Published 9 October 2018

Getting the balance right with investments.

Investing is about helping your money grow – generating more from the wealth you have.

But it’s also about achieving what you want from life, whether it’s saving for a home deposit, giving a great education to your kids, or enjoying a comfortable retirement.

The sooner you start investing, the greater your potential for larger returns, as your money has longer to grow. 

You can manage your own investments, or leave it to the experts, whichever you prefer.

There are lots of different ways to invest, the key is creating a portfolio that’s right for you. 

Generally, you’ll have a mix of both defensive and growth assets, depending on their levels of potential return and risk. But the weightings you choose will depend on how long you have to invest and how much risk you're willing to take. 

Superannuation isn’t actually an asset itself – it’s a tax-efficient vehicle for investing in other assets. 

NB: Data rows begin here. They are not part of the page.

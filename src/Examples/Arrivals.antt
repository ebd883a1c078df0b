-- ===== src/Examples/Arrivals.antt =====
-- A commit that is emitted, taken by a worker and run.
use wiseorder.Prelude.{◌≡◌, refl, true, none, some, [], ◌∷◌, Option}
use wiseorder.Prelude.Text
use wiseorder.Exec.{ok}
use wiseorder.Exec.Ends.{Run}
use wiseorder.Redis.{View, written}
use wiseorder.Redis.Sample.{sample_redis}
use wiseorder.Dedup
use wiseorder.Job.{Job}
use wiseorder.Job.RoundTrip.{from_json-to_json}
use wiseorder.Queue
use wiseorder.Queue.{high, normal}
use wiseorder.Runtime.{World, tick, on_redis}
use wiseorder.Events.{GitCommitEvent, commit_payload, emit_commit, read_commit, truncate_diff}
use wiseorder.Events.Emitted.{Describes, job_of, as_commit}
use wiseorder.Pipeline.{commit_of}
use wiseorder.Pipeline.Outcome.{Stopped}
use wiseorder.Pipeline.Whole.{Ended}
use wiseorder.Orchestrator.{worker_round}
use wiseorder.Orchestrator.Handlers.{registered}
use wiseorder.Orchestrator.Arrived.{emit_commit-worker_round}
use wiseorder.Orchestrator.Answered.{Answered}
use wiseorder.Examples.Sample.{sample_env, sample_claims, start}
use wiseorder.Examples.Emissions.{emission, readable, no_jobs, no_jobs-Holds}
use wiseorder.Examples.Requests.{sample_forge}

abbrev sent : World View
sent = (emit_commit sample_env "u" "t" "r" emission readable start).1

emitted : (emit_commit sample_env "u" "t" "r" emission readable start).0 ≡ ok tt
unfolding emit_commit read_commit on_redis sample_redis Queue.enqueue
emitted = refl

abbrev read : GitCommitEvent
read = record { repo = "r"; sha = "c1"; author = "Ann"; subject = "Add"; diff = "+x" }

abbrev its_job : Job
its_job = job_of "u" "t" read (some "c0")

abbrev begun : World View
begun = record (tick sent) {
  redis = (sample_redis.blpop (Queue.keys (high ∷ normal ∷ [])) sent.redis).1;
}

dequeued :
    on_redis (Queue.dequeue sample_redis sample_env.json (high ∷ normal ∷ [])) sent
    ≡ (ok (some its_job), begun)
unfolding on_redis Queue.dequeue sample_redis emit_commit read_commit Queue.enqueue Queue.decode
    Queue.key truncate_diff Text.strip Text.strip_char
dequeued = rw (from_json-to_json sample_env.json its_job) refl

abbrev in_job_world : World View
in_job_world = record begun { current_job_id = some "u" }

abbrev claimed : World View
claimed = (on_redis (Dedup.acquire sample_redis sample_claims "r" "c1") in_job_world).1

won :
    (on_redis (Dedup.acquire sample_redis sample_claims "r" "c1") in_job_world).0
    ≡ ok (record { acquired = true; existing_value = none })
unfolding on_redis Dedup.acquire sample_redis emit_commit read_commit Queue.enqueue Queue.key
won = refl

emit_commit-worker_round_example :
    (event : GitCommitEvent) × Describes "r" "c1" readable event
    × (◌≡◌ {A = Option Job} (some its_job) (some (job_of "u" "t" event (some "c0"))))
    × (commit_of (commit_payload event (some "c0")) ≡ as_commit event)
    × Run
        (λ _. Answered sample_env (λ s. s) no_jobs (job_of "u" "t" event (some "c0")) start)
        (λ _. Ended Stopped start)
        (worker_round sample_env (λ s. s) (registered sample_env sample_forge))
        sent
unfolding sample_redis
emit_commit-worker_round_example =
    emit_commit-worker_round sample_env (λ s. s) sample_forge (λ n. refl)
      (λ k x ex s. (written k x ex s, refl)) "u" "t" "r" emission readable [] (some its_job)
      (record { acquired = true; existing_value = none }) start sent begun claimed no_jobs-Holds
      (λ i. (emitted i, sent)) dequeued (λ i. (won i, claimed)) refl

Find out more about investing through super

Your investment options

Shares

Share in the ownership of an Australian or international company, with higher potential for capital growth and dividend income, and higher potential risk.

Fixed Interest

Earn income at a fixed rate of return, but with limited potential for capital growth – for example, through government bonds.

 

Property

Own property directly, or invest through a listed property fund, with the potential for both capital growth and rental income.

 

Cash 

Earn interest on your money, with your capital often fully guaranteed, with the trade-off of lower returns.

 

Questions to ask yourself before investing

What is it you really want?

Wealth shouldn’t be just about how much money you have – it’s about having the freedom to live the life you choose. 

Depending on your goals, your investment strategy can help you grow your money, earn a regular income from dividends or minimise the tax you pay.

How long do you have?

The more time your money’s invested, the longer it has to grow. But depending on your goals, you may have a longer or shorter timeframe in mind. 

If you’re investing for the long term, you can generally afford to take more risk, riding out dips in the market, with the potential of greater long-term growth. But if you need your money sooner, a lower risk strategy can help protect your investment from market fluctuations.

How much risk do you want to take?

No-one likes to see their investments lose money – but generally, their value will go up and down over time. So it’s important to understand how much risk you’re prepared to take when building your investment portfolio. 

There’s no right or wrong level of risk – it depends on your attitude and goals. 

What’s your situation?

Every investor is different, and where you are in life will influence your investment decisions and goals. 

For example, your age, marital status, income and tax situation will all play a part in the investment strategy you choose.